「『私たちの結婚ー部落差別を乗り越えて』編纂から20年」(1997年『月刊部落問題』)


穂積肇さんの版画「出漁」



  『私たちの結婚−部落差別を乗り越えて』
        編纂から二〇年


          1997年 『月刊部落問題』


            1 むかしむかし


 今年は一九九七年です。一〇年ひとむかしと申します。一九七六年に『私たちの結婚−部落差別を乗り越えて』という小著を編纂・発行させていただいてからもう二〇年あまりが過ぎましたから、これは立派に「むかしむかし」のことになりました。

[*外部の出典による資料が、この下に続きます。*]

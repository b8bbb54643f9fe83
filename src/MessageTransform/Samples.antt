-- ===== src/MessageTransform/Samples.antt =====
-- The transformation of messages at concrete inputs: tests of the definitions, and uses of the
-- theorems.
use ri.Base.{
  ℕ, ◌≡◌, refl, true, false, Option, none, some, List, [], ◌∷◌, codes, Text, length, any, take,
}
use ri.Base.Int.{ℤ, pos}
use ri.Message.{
  Host, Message, UserContent, UserContentValue, StopReason, usage_zero, AssistantContent,
}
use ri.Agent.Types.{Model}
use ri.MessageTransform.Images.{has_image, takes_images, downgrade_unsupported_images}
use ri.MessageTransform.Assistant.{ToolCallIdNormalizer, transform_each}
use ri.MessageTransform.Synthetic.{insert_synthetic_tool_results}
use ri.MessageTransform.Whole.{transform_messages}
use ri.MessageTransform.Answered.{waits, transform_messages-waits}
use ri.MessageTransform.Complete.{insert_synthetic_complete}
use ri.MessageTransform.NoImages.{transform_messages-has_image}

abbrev plain : Host
plain = record { Value = ℕ; Float = ℕ; float_zero = 0 }

abbrev model : Model plain
model = record {
  id = codes "m";
  name = codes "M";
  api = codes "a";
  provider = codes "p";
  base_url = [];
  reasoning = false;
  thinking_level_map = [];
  input = [];
  cost = record { input = 0; output = 0; cache_read = 0; cache_write = 0; tiers = [] };
  context_window = 1000;
  max_tokens = 100;
  headers = [];
  compat = none;
}

abbrev says : List (AssistantContent plain) → StopReason → Message plain
says content reason = Message.assistant (record {
  content = content;
  api = codes "a";
  provider = codes "other";
  model = codes "m";
  response_model = none;
  response_id = none;
  diagnostics = [];
  usage = usage_zero;
  stop_reason = reason;
  error_message = none;
  timestamp = pos 0;
})

abbrev asks : Text → AssistantContent plain
asks id =
    AssistantContent.tool_call
      (record { id = id; name = codes "echo"; arguments = []; thought_signature = none })

abbrev picture : UserContent
picture = UserContent.image (record { image_data = codes "x"; mime_type = codes "image/png" })

abbrev shows : Message plain
shows =
    Message.user
      (record { content = UserContentValue.blocks (picture ∷ picture ∷ []); timestamp = pos 1 })

abbrev answers : Text → Message plain
answers id = Message.tool_result (record {
  tool_call_id = id;
  tool_name = codes "echo";
  content = [];
  details = none;
  usage = none;
  is_error = false;
  added_tool_names = none;
  timestamp = pos 2;
})

-- Two calls of which the second is answered, a picture, a message that failed, and one more call.
abbrev broken : List (Message plain)
broken =
    says (asks (codes "1") ∷ asks (codes "2") ∷ []) StopReason.tool_use
    ∷ answers (codes "2")
    ∷ shows
    ∷ says (asks (codes "3") ∷ []) StopReason.error
    ∷ says (asks (codes "4") ∷ []) StopReason.tool_use
    ∷ []

abbrev marked : ToolCallIdNormalizer plain
marked id m message = 120 ∷ id

abbrev clock : ℕ → ℤ
clock n = pos n

abbrev mended : List (Message plain)
mended = transform_messages clock broken model (some marked)

mended-length : length mended ≡ 6
unfolding transform_messages insert_synthetic_tool_results transform_each
    downgrade_unsupported_images takes_images ri.Base.text_eq ri.Base.Maps.insert
mended-length = refl

transform_messages-waits_example : waits (some []) mended ≡ some []
transform_messages-waits_example = transform_messages-waits clock broken model (some marked)

transform_messages-has_image_example : any has_image mended ≡ false
unfolding takes_images
transform_messages-has_image_example =
    transform_messages-has_image clock broken model (some marked) refl

insert_synthetic_complete_example : insert_synthetic_tool_results clock mended ≡ mended
insert_synthetic_complete_example =
    insert_synthetic_complete clock mended
      (transform_messages-waits clock broken model (some marked))
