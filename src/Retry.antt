-- ===== src/Retry.antt =====
-- Bounded retries of a call of a model: crates/ri-llm-provider/src/retry.rs. The regular
-- expressions of the two classes of errors are parameters, and what the callbacks, the clock and
-- the call itself do is a change of a world.
use ri.Base.{
  ℕ, zero, suc, ◌+◌, ◌-◌, ◌*◌, ◌^◌, Bool, true, false, not, ◌&&◌, ◌||◌, Option, none, some, List,
  [], ◌∷◌, ◌⊎◌, inl, inr, Text, codes, text_eq, trim_end, u64_mod, ltb, leb, ◌==◌, if◌then◌else◌,
  last, is_empty, or_else,
}
use mathlib.Core.Option
use ri.Message.{Host, AssistantMessage, StopReason}
pub mod Call
pub mod Sleep
pub mod Bounds
mod Samples

strip_prefix : Text → Text → Option Text
strip_prefix [] s = some s
strip_prefix (p ∷ prefix) [] = none
strip_prefix (p ∷ prefix) (c ∷ s) =
    let rest = strip_prefix prefix s in if p == c then rest else none

-- `str::rsplit_once`, of a pattern that is not empty.
rsplit_once : Text → Text → Option (Text × Text)
unfolding strip_prefix
rsplit_once pattern [] = none
rsplit_once pattern (c ∷ s) = later (rsplit_once pattern s)
  where
    later : Option (Text × Text) → Option (Text × Text)
    later (some (before, after)) = some (c ∷ before, after)
    later none = Option.map (λ after. ([], after)) (strip_prefix pattern (c ∷ s))

is_digit : ℕ → Bool
is_digit c = leb 48 c && leb c 57

leading_digits : Text → Text
unfolding is_digit
leading_digits [] = []
leading_digits (c ∷ s) = let rest = leading_digits s in if is_digit c then c ∷ rest else []

value_of : ℕ → Text → ℕ
value_of n [] = n
value_of n (c ∷ s) = value_of (n * 10 + (c - 48)) s

parse_u64 : Text → Option ℕ
unfolding value_of
parse_u64 digits =
    let n = value_of 0 digits in
    if is_empty digits then none else if ltb n u64_mod then some n else none

hint_in_tail : Option (Text × Text) → Option ℕ
unfolding parse_u64 leading_digits
hint_in_tail none = none
hint_in_tail (some (before, tail)) = parse_u64 (leading_digits tail)

unfoldable pub parse_retry_after_hint_ms : Text → Option ℕ
unfolding hint_in_tail rsplit_once
parse_retry_after_hint_ms message = hint_in_tail (rsplit_once (codes "(retry-after-ms: ") message)

ends_with_parenthesis : Option ℕ → Bool
ends_with_parenthesis none = false
ends_with_parenthesis (some c) = c == b')'

strip_at : Text → Option (Text × Text) → Text
unfolding ends_with_parenthesis trim_end
strip_at message none = message
strip_at message (some (before, after)) =
    if ends_with_parenthesis (last message) then trim_end before else message

unfoldable pub strip_retry_after_hint : Text → Text
unfolding strip_at rsplit_once
strip_retry_after_hint message = strip_at message (rsplit_once (codes " (retry-after-ms: ") message)

pub record RetryPolicy : Type 0 where
  pub enabled : Bool
  pub max_retries : ℕ
  pub base_delay_ms : ℕ

pub record RetryCallbacks (W : Type 0) : Type 0 where
  pub on_retry_scheduled : Option (ℕ → ℕ → ℕ → Text → W → W)
  pub on_retry_attempt_start : Option (W → W)
  pub on_retry_finished : Option (Bool → ℕ → Option Text → W → W)

unfoldable pub is_error : StopReason → Bool
is_error StopReason.error = true
is_error _ = false

unfoldable pub is_aborted : StopReason → Bool
is_aborted StopReason.aborted = true
is_aborted _ = false

unfoldable pub max_attempts_of : Option RetryPolicy → ℕ
max_attempts_of none = 0
max_attempts_of (some policy) = if policy.enabled then policy.max_retries else 0

base_of : Option RetryPolicy → ℕ
base_of none = 0
base_of (some policy) = policy.base_delay_ms

-- `saturating_mul` of `u64`.
saturating_mul : ℕ → ℕ → ℕ
saturating_mul a b = if ltb (a * b) u64_mod then a * b else u64_mod - 1

-- The wait before retry `attempt`, which counts from 1.
unfoldable pub delay_ms : Option RetryPolicy → ℕ → Text → ℕ
unfolding base_of saturating_mul parse_retry_after_hint_ms
delay_ms policy attempt message =
    or_else
      (saturating_mul (base_of policy) (2 ^ (if ltb 62 (attempt - 1) then 62 else attempt - 1)))
      (parse_retry_after_hint_ms message)

-- The two patterns, in any letters.
module _ (non_retryable_limit retryable_provider : Text → Bool) where
  retryable_text : Option Text → Bool
  unfolding strip_retry_after_hint
  retryable_text none = false
  retryable_text (some message) =
      let stripped = strip_retry_after_hint message in
      not (is_empty message) && not (non_retryable_limit stripped) && retryable_provider stripped

  unfoldable pub is_retryable_assistant_error : {H : Host} → AssistantMessage H → Bool
  unfolding is_error retryable_text
  is_retryable_assistant_error m = is_error m.stop_reason && retryable_text m.error_message

module _ {W : Type 0} (abort_flag : Option (W → Bool × W)) where
  unfoldable pub read_abort : W → Bool × W
  read_abort w = load abort_flag
    where
      load : Option (W → Bool × W) → Bool × W
      load none = (false, w)
      load (some flag) = flag w

module _ {W : Type 0} (sleep : ℕ → W → W) (abort_flag : Option (W → Bool × W)) where
  unfoldable pub sleep_loop : ℕ → ℕ → W → Option (Bool × W)
  unfolding read_abort
  sleep_loop zero remaining w = none
  sleep_loop (suc fuel) remaining w =
      let (aborted, w') = read_abort abort_flag w in
      let step = if ltb remaining 10 then remaining else 10 in
      let rest = sleep_loop fuel (remaining - step) (sleep step w') in
      if aborted then some (false, w') else if remaining == 0 then some (true, w') else rest

  -- Each round sleeps for a millisecond at least.
  unfoldable pub retry_sleep : ℕ → W → Option (Bool × W)
  unfolding sleep_loop
  retry_sleep delay w = sleep_loop (delay + 1) delay w
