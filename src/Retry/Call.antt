-- ===== src/Retry/Call.antt =====
-- `retry_assistant_call` of crates/ri-llm-provider/src/retry.rs.
use ri.Base.{
  ℕ, zero, suc, ◌+◌, Bool, true, false, not, ◌||◌, Option, none, some, ◌⊎◌, inl, inr, Text, codes,
  leb, if◌then◌else◌, or_else,
}
use ri.Message.{Host, AssistantMessage, StopReason}
use ri.Retry.{
  RetryPolicy, RetryCallbacks, is_error, is_aborted, max_attempts_of, delay_ms,
  is_retryable_assistant_error, retry_sleep,
}

-- The callbacks, each where it is there.
module _ {W : Type 0} where
  unfoldable pub finish : Option (RetryCallbacks W) → Bool → ℕ → Option Text → W → W
  finish none success attempt error w = w
  finish (some callbacks) success attempt error w = call callbacks.on_retry_finished
    where
      call : Option (Bool → ℕ → Option Text → W → W) → W
      call none = w
      call (some f) = f success attempt error w

  -- Nothing is said where nothing was retried.
  unfoldable pub finish_after :
      Option (RetryCallbacks W) → Option (ℕ × Text) → Bool → Option Text → W → W
  unfolding finish
  finish_after callbacks none success error w = w
  finish_after callbacks (some (attempt, _)) success error w =
      finish callbacks success attempt error w

  unfoldable pub schedule : Option (RetryCallbacks W) → ℕ → ℕ → ℕ → Text → W → W
  schedule none attempt max delay message w = w
  schedule (some callbacks) attempt max delay message w = call callbacks.on_retry_scheduled
    where
      call : Option (ℕ → ℕ → ℕ → Text → W → W) → W
      call none = w
      call (some f) = f attempt max delay message w

  unfoldable pub start_attempt : Option (RetryCallbacks W) → W → W
  start_attempt none w = w
  start_attempt (some callbacks) w = call callbacks.on_retry_attempt_start
    where
      call : Option (W → W) → W
      call none = w
      call (some f) = f w

unfoldable pub abort_response : {H : Host} → AssistantMessage H → AssistantMessage H
abort_response m = record m { stop_reason = StopReason.aborted; error_message = none }

module _ {H : Host} {W E : Type 0} (non_retryable_limit retryable_provider : Text → Bool)
    (sleep : ℕ → W → W) (produce : W → (E ⊎ AssistantMessage H) × W) (policy : Option RetryPolicy)
    (abort_flag : Option (W → Bool × W)) (callbacks : Option (RetryCallbacks W)) where
  unfoldable pub slept :
      (Text → W → Option ((E ⊎ AssistantMessage H) × W))
      → ℕ
      → AssistantMessage H
      → Text
      → Option (Bool × W)
      → Option ((E ⊎ AssistantMessage H) × W)
  unfolding finish start_attempt abort_response
  slept again attempt m message none = none
  slept again attempt m message (some (true, w)) = again message (start_attempt callbacks w)
  slept again attempt m message (some (false, w)) =
      some (inr (abort_response m), finish callbacks false attempt (some message) w)

  -- The backoff before retry `attempt`.
  unfoldable pub back_off :
      (Text → W → Option ((E ⊎ AssistantMessage H) × W))
      → ℕ
      → AssistantMessage H
      → W
      → Option ((E ⊎ AssistantMessage H) × W)
  unfolding slept schedule delay_ms retry_sleep max_attempts_of
  back_off again attempt m w =
      let message = or_else (codes "Unknown error") m.error_message in
      let delay = delay_ms policy attempt message in
      slept again attempt m message (
        retry_sleep sleep abort_flag delay
          (schedule callbacks attempt (max_attempts_of policy) delay message w))

  unfoldable pub responded :
      (Text → W → Option ((E ⊎ AssistantMessage H) × W))
      → ℕ
      → Option (ℕ × Text)
      → (E ⊎ AssistantMessage H) × W
      → Option ((E ⊎ AssistantMessage H) × W)
  unfolding back_off finish_after is_error is_aborted max_attempts_of is_retryable_assistant_error
  responded again attempt last (inl e, w) = some (inl e, w)
  responded again attempt last (inr m, w) =
      if is_aborted m.stop_reason
      then some (inr m, finish_after callbacks last false none w)
      else if not (is_error m.stop_reason)
      then some (inr m, finish_after callbacks last true none w)
      else if leb (max_attempts_of policy) attempt
          || not (is_retryable_assistant_error non_retryable_limit retryable_provider m)
      then some (inr m, finish_after callbacks last false m.error_message w)
      else back_off again (attempt + 1) m w

  unfoldable pub retry_loop : ℕ → ℕ → Option (ℕ × Text) → W → Option ((E ⊎ AssistantMessage H) × W)
  unfolding responded
  retry_loop zero attempt last w = none
  retry_loop (suc fuel) attempt last w =
      responded (λ message w'. retry_loop fuel (attempt + 1) (some (attempt + 1, message)) w')
        attempt last (produce w)

  -- One unit of fuel for each call.
  unfoldable pub retry_assistant_call : W → Option ((E ⊎ AssistantMessage H) × W)
  unfolding retry_loop max_attempts_of
  retry_assistant_call w = retry_loop (max_attempts_of policy + 1) 0 none w
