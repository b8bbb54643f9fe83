-- ===== src/Retry/Sleep.antt =====
-- The sleep of a retry ends: `retry_sleep` of crates/ri-llm-provider/src/retry.rs.
use ri.Base.{
  ℕ, zero, suc, ◌+◌, ◌-◌, ◌<◌, ◌≡◌, refl, subst, ◌∙◌, Bool, true, false, Option, none, some, ltb,
  ◌==◌, if◌then◌else◌, arith,
}
use ri.Retry.{retry_sleep, sleep_loop, read_abort}

-- A sleep ends, after so many calls.
abbrev pub Slept : {W : Type 0} → (W → ℕ) → ℕ → Option (Bool × W) → Type 0
Slept calls n none = true ≡ false
Slept calls n (some (b, w)) = calls w ≡ n

module _ {W : Type 0} (sleep : ℕ → W → W) (abort_flag : Option (W → Bool × W)) (calls : W → ℕ)
    (sleep_keeps : (ms : ℕ) (w : W) → calls (sleep ms w) ≡ calls w)
    (flag_keeps : (w : W) → calls (read_abort abort_flag w).1 ≡ calls w) where
  sleep_loop-Slept :
      (fuel remaining : ℕ) (w : W)
      → remaining < fuel
      → Slept calls (calls w) (sleep_loop sleep abort_flag fuel remaining w)
  unfolding sleep_loop
  sleep_loop-Slept zero remaining w h = absurd (omega (arith, h))
  sleep_loop-Slept (suc fuel) remaining w h =
      by_test (read_abort abort_flag w).0 (remaining == 0) refl (λ e.
        subst
          (λ n. Slept calls n (
            sleep_loop sleep abort_flag fuel (remaining - step)
              (sleep step (read_abort abort_flag w).1)))
          (sleep_keeps step (read_abort abort_flag w).1 ∙ flag_keeps w)
          (sleep_loop-Slept fuel (remaining - step) (sleep step (read_abort abort_flag w).1)
            (ground (arith, h, e))))
    where
      step : ℕ
      step = if ltb remaining 10 then remaining else 10

      by_test :
          (aborted over : Bool)
          → (remaining == 0) ≡ over
          → ((remaining == 0) ≡ false
              → Slept calls (calls w) (
                  sleep_loop sleep abort_flag fuel
                    (remaining - step)
                    (sleep step (read_abort abort_flag w).1)))
          → Slept calls (calls w) (
              if aborted
              then some (false, (read_abort abort_flag w).1)
              else if over
              then some (true, (read_abort abort_flag w).1)
              else sleep_loop sleep abort_flag fuel
                  (remaining - step)
                  (sleep step (read_abort abort_flag w).1))
      by_test true over e rest = flag_keeps w
      by_test false true e rest = flag_keeps w
      by_test false false e rest = rest e

  pub retry_sleep-Slept :
      (delay : ℕ) (w : W) → Slept calls (calls w) (retry_sleep sleep abort_flag delay w)
  unfolding retry_sleep
  retry_sleep-Slept delay w = sleep_loop-Slept (delay + 1) delay w (omega arith)
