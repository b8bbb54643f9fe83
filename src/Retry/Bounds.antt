-- ===== src/Retry/Bounds.antt =====
-- How often `retry_assistant_call` of crates/ri-llm-provider/src/retry.rs calls, and that it ends.
use ri.Base.{
  ℕ, zero, suc, ◌+◌, ◌≤◌, ◌<◌, ◌≡◌, refl, subst, ◌∙◌, Bool, true, false, not, ◌||◌, Option, none,
  some, ◌⊎◌, inl, inr, Text, leb, ◌==◌, if◌then◌else◌, arith, codes, or_else,
}
use ri.Message.{Host, AssistantMessage, StopReason}
use ri.Retry.{
  RetryPolicy, RetryCallbacks, is_error, is_aborted, max_attempts_of, delay_ms,
  is_retryable_assistant_error, retry_sleep, read_abort,
}
use ri.Retry.Call.{
  finish, finish_after, schedule, start_attempt, abort_response, slept, back_off, responded,
  retry_loop, retry_assistant_call,
}
use ri.Retry.Sleep.{Slept, retry_sleep-Slept}

-- An error that may be retried.
abbrev again_worth :
    {H : Host} {E : Type 0} → (AssistantMessage H → Bool) → E ⊎ AssistantMessage H → Bool
again_worth retryable (inl e) = false
again_worth retryable (inr m) = retryable m

-- The call has ended, after more than `low` calls and `high` at most, and after `high` where it
-- gives an error that may be retried.
abbrev pub Ended :
    {H : Host} {W E : Type 0}
    → (AssistantMessage H → Bool)
    → (W → ℕ)
    → ℕ
    → ℕ
    → Option ((E ⊎ AssistantMessage H) × W)
    → Type 0
Ended retryable calls low high none = true ≡ false
Ended retryable calls low high (some (r, w)) =
    (low < calls w) × (calls w ≤ high) × ((not (again_worth retryable r) || calls w == high) ≡ true)

aborted-not_error : (r : StopReason) → is_aborted r ≡ true → is_error r ≡ false
unfolding is_aborted is_error
aborted-not_error StopReason.aborted h = refl
aborted-not_error StopReason.stop h = refl
aborted-not_error StopReason.length h = refl
aborted-not_error StopReason.tool_use h = refl
aborted-not_error StopReason.error h = cc h

module _ {H : Host} {W E : Type 0} (non_retryable_limit retryable_provider : Text → Bool)
    (sleep : ℕ → W → W) (produce : W → (E ⊎ AssistantMessage H) × W) (policy : Option RetryPolicy)
    (abort_flag : Option (W → Bool × W)) (callbacks : Option (RetryCallbacks W)) (calls : W → ℕ)
    (produce_counts : (w : W) → calls (produce w).1 ≡ calls w + 1)
    (sleep_keeps : (ms : ℕ) (w : W) → calls (sleep ms w) ≡ calls w)
    (flag_keeps : (w : W) → calls (read_abort abort_flag w).1 ≡ calls w)
    (finish_keeps : (success : Bool) (attempt : ℕ) (error : Option Text) (w : W)
      → calls (finish callbacks success attempt error w) ≡ calls w)
    (schedule_keeps : (attempt max delay : ℕ) (message : Text) (w : W)
      → calls (schedule callbacks attempt max delay message w) ≡ calls w)
    (start_keeps : (w : W) → calls (start_attempt callbacks w) ≡ calls w) where
  Final : ℕ → ℕ → Option ((E ⊎ AssistantMessage H) × W) → Type 0
  Final = Ended (is_retryable_assistant_error non_retryable_limit retryable_provider) calls

  finish_after_keeps :
      (last : Option (ℕ × Text)) (success : Bool) (error : Option Text) (w : W)
      → calls (finish_after callbacks last success error w) ≡ calls w
  unfolding finish_after
  finish_after_keeps none success error w = refl
  finish_after_keeps (some (attempt, message)) success error w =
      finish_keeps success attempt error w

  -- A message that is given back, after the callback.
  done-Final :
      (n k : ℕ) (m : AssistantMessage H) (w : W)
      → calls w ≡ n + 1
      → (not (is_retryable_assistant_error non_retryable_limit retryable_provider m) || k == 0)
        ≡ true
      → Final n (n + 1 + k) (some (inr m, w))
  unfolding Final
  done-Final n k m w c h = (omega (arith, c), omega (arith, c), ground (arith, c, h))

  not_error :
      (m : AssistantMessage H)
      → is_error m.stop_reason ≡ false
      → (k : ℕ)
      → (not (is_retryable_assistant_error non_retryable_limit retryable_provider m) || k == 0)
        ≡ true
  unfolding is_retryable_assistant_error
  not_error m e k = ground (arith, e)

  slept-Final :
      (n k attempt : ℕ) (m : AssistantMessage H) (message : Text)
      (again : Text → W → Option ((E ⊎ AssistantMessage H) × W)) (o : Option (Bool × W))
      → ((message : Text) (w : W) → calls w ≡ n + 1 → Final n (n + 1 + k) (again message w))
      → Slept calls (n + 1) o
      → Final n (n + 1 + k) (
          slept non_retryable_limit retryable_provider sleep produce policy abort_flag callbacks
            again attempt m message o)
  unfolding slept abort_response is_error Final
  slept-Final n k attempt m message again none h s = s
  slept-Final n k attempt m message again (some (true, w)) h s =
      h message (start_attempt callbacks w) (start_keeps w ∙ s)
  slept-Final n k attempt m message again (some (false, w)) h s =
      done-Final n k (abort_response m) (finish callbacks false attempt (some message) w)
        (finish_keeps false attempt (some message) w ∙ s) (not_error (abort_response m) refl k)

  responded-Final :
      (n k attempt : ℕ) (last : Option (ℕ × Text))
      (again : Text → W → Option ((E ⊎ AssistantMessage H) × W)) (r : E ⊎ AssistantMessage H)
      (w : W)
      → attempt + k ≡ max_attempts_of policy
      → calls w ≡ n + 1
      → (leb (max_attempts_of policy) attempt ≡ false
          → (message : Text) (w : W) → calls w ≡ n + 1
          → Final n (n + 1 + k) (again message w))
      → Final n (n + 1 + k) (
          responded non_retryable_limit retryable_provider sleep produce policy abort_flag callbacks
            again attempt last
            (r, w))
  unfolding responded back_off Final
  responded-Final n k attempt last again (inl e) w h c f =
      (omega (arith, c), omega (arith, c), refl)
  responded-Final n k attempt last again (inr m) w h c f =
      by_reason (is_aborted m.stop_reason) (is_error m.stop_reason)
        (leb (max_attempts_of policy) attempt)
        (is_retryable_assistant_error non_retryable_limit retryable_provider m) refl refl refl refl
    where
      message : Text
      message = or_else (codes "Unknown error") m.error_message

      delay : ℕ
      delay = delay_ms policy (attempt + 1) message

      before : W
      before = schedule callbacks (attempt + 1) (max_attempts_of policy) delay message w

      waited : Option ((E ⊎ AssistantMessage H) × W)
      waited =
          back_off non_retryable_limit retryable_provider sleep produce policy abort_flag callbacks
            again (attempt + 1) m w

      waited-Final : leb (max_attempts_of policy) attempt ≡ false → Final n (n + 1 + k) waited
      waited-Final e =
          slept-Final n k (attempt + 1) m message again (retry_sleep sleep abort_flag delay before)
            (f e)
            (subst (λ i. Slept calls i (retry_sleep sleep abort_flag delay before))
              (schedule_keeps (attempt + 1) (max_attempts_of policy) delay message w ∙ c)
              (retry_sleep-Slept sleep abort_flag calls sleep_keeps flag_keeps delay before))

      end-Final :
          (success : Bool) (error : Option Text)
          → (not (is_retryable_assistant_error non_retryable_limit retryable_provider m) || k == 0)
            ≡ true
          → Final n (n + 1 + k) (some (inr m, finish_after callbacks last success error w))
      end-Final success error e =
          done-Final n k m (finish_after callbacks last success error w)
            (finish_after_keeps last success error w ∙ c) e

      by_reason :
          (aborted failed spent worth : Bool)
          → is_aborted m.stop_reason ≡ aborted
          → is_error m.stop_reason ≡ failed
          → leb (max_attempts_of policy) attempt ≡ spent
          → is_retryable_assistant_error non_retryable_limit retryable_provider m ≡ worth
          → Final n (n + 1 + k) (
              if aborted
              then some (inr m, finish_after callbacks last false none w)
              else if not failed
              then some (inr m, finish_after callbacks last true none w)
              else if spent || not worth
              then some (inr m, finish_after callbacks last false m.error_message w)
              else waited)
      by_reason true failed spent worth ea ef es ew =
          end-Final false none (not_error m (aborted-not_error m.stop_reason ea) k)
      by_reason false false spent worth ea ef es ew = end-Final true none (not_error m ef k)
      by_reason false true true worth ea ef es ew =
          end-Final false m.error_message (ground (arith, h, es))
      by_reason false true false false ea ef es ew =
          end-Final false m.error_message (ground (arith, ew))
      by_reason false true false true ea ef es ew = waited-Final es

  Final-later :
      (n n' k : ℕ) (o : Option ((E ⊎ AssistantMessage H) × W))
      → n' ≡ n + 1
      → Final n' (n' + 1 + k) o
      → Final n (n + 1 + suc k) o
  unfolding Final
  Final-later n n' k none e f = f
  Final-later n n' k (some (r, w)) e (low, high, over) =
      (omega (arith, low, e), omega (arith, high, e), ground (arith, over, e))

  abbrev next : ℕ → ℕ → Text → W → Option ((E ⊎ AssistantMessage H) × W)
  next fuel attempt message w =
      retry_loop non_retryable_limit retryable_provider sleep produce policy abort_flag callbacks
        fuel (attempt + 1) (some (attempt + 1, message)) w

  retry_loop-Final :
      (fuel k attempt : ℕ) (last : Option (ℕ × Text)) (w : W)
      → attempt + k ≡ max_attempts_of policy
      → k < fuel
      → Final (calls w) (calls w + 1 + k) (
          retry_loop non_retryable_limit retryable_provider sleep produce policy abort_flag
            callbacks fuel attempt last w)
  unfolding retry_loop Final
  retry_loop-Final zero k attempt last w h l = absurd (omega (arith, l))
  retry_loop-Final (suc fuel) zero attempt last w h l =
      responded-Final (calls w) 0 attempt last (next fuel attempt) (produce w).0 (produce w).1 h
        (produce_counts w) (λ e. absurd (ground (arith, h, e)))
  retry_loop-Final (suc fuel) (suc k) attempt last w h l =
      responded-Final (calls w) (suc k) attempt last (next fuel attempt) (produce w).0 (produce w).1
        h (produce_counts w)
        (λ e message w' c. Final-later (calls w) (calls w') k (next fuel attempt message w') c (
          retry_loop-Final fuel k (attempt + 1) (some (attempt + 1, message)) w' (omega (arith, h))
            (omega (arith, l))))

  -- Where `calls` counts the calls of the model, and no sleep, callback or read of the flag calls it:
  -- the whole ends, with its fuel, after one call at least and one more than the retries of the
  -- policy at most, and an error that may be retried is given back only after all of those.
  pub retry_assistant_call-Ended :
      (w : W)
      → Ended
          (is_retryable_assistant_error non_retryable_limit retryable_provider)
          calls
          (calls w)
          (calls w + 1 + max_attempts_of policy)
          (retry_assistant_call non_retryable_limit retryable_provider sleep produce policy
            abort_flag callbacks w)
  unfolding retry_assistant_call Final
  retry_assistant_call-Ended w =
      retry_loop-Final (max_attempts_of policy + 1) (max_attempts_of policy) 0 none w (omega arith)
        (omega arith)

 類書がないことにもよりますが、「市民学習シリーズ」の一冊に入れられて、いまだに読みつづけられています。そんなこともあってか、私たちの研究所の仕事場の方へも、時折「結婚」のことで結婚を前にした方たちがお話にこられたり、電話で相談を受けたりいたします。
 しかし、二〇年という歳月はやはり「むかしむかし」のことであって、時はけっして無駄に過ぎてはいないことを、あらためて知らされる昨今です。


 あれは一九七五年の夏ごろから翌年の春にかけてのことでした。いろいろな方々に紹介をいただいて、一八組ほどの結婚家庭をお訪ねし、ご夫妻のお話を聞かせてもらい、テープに収めました。そして、快諾をいただいた一三組の結婚家庭の青春ドラマを、ありのまま紹介することができました。その「あとがき」に、私は次のように記しました。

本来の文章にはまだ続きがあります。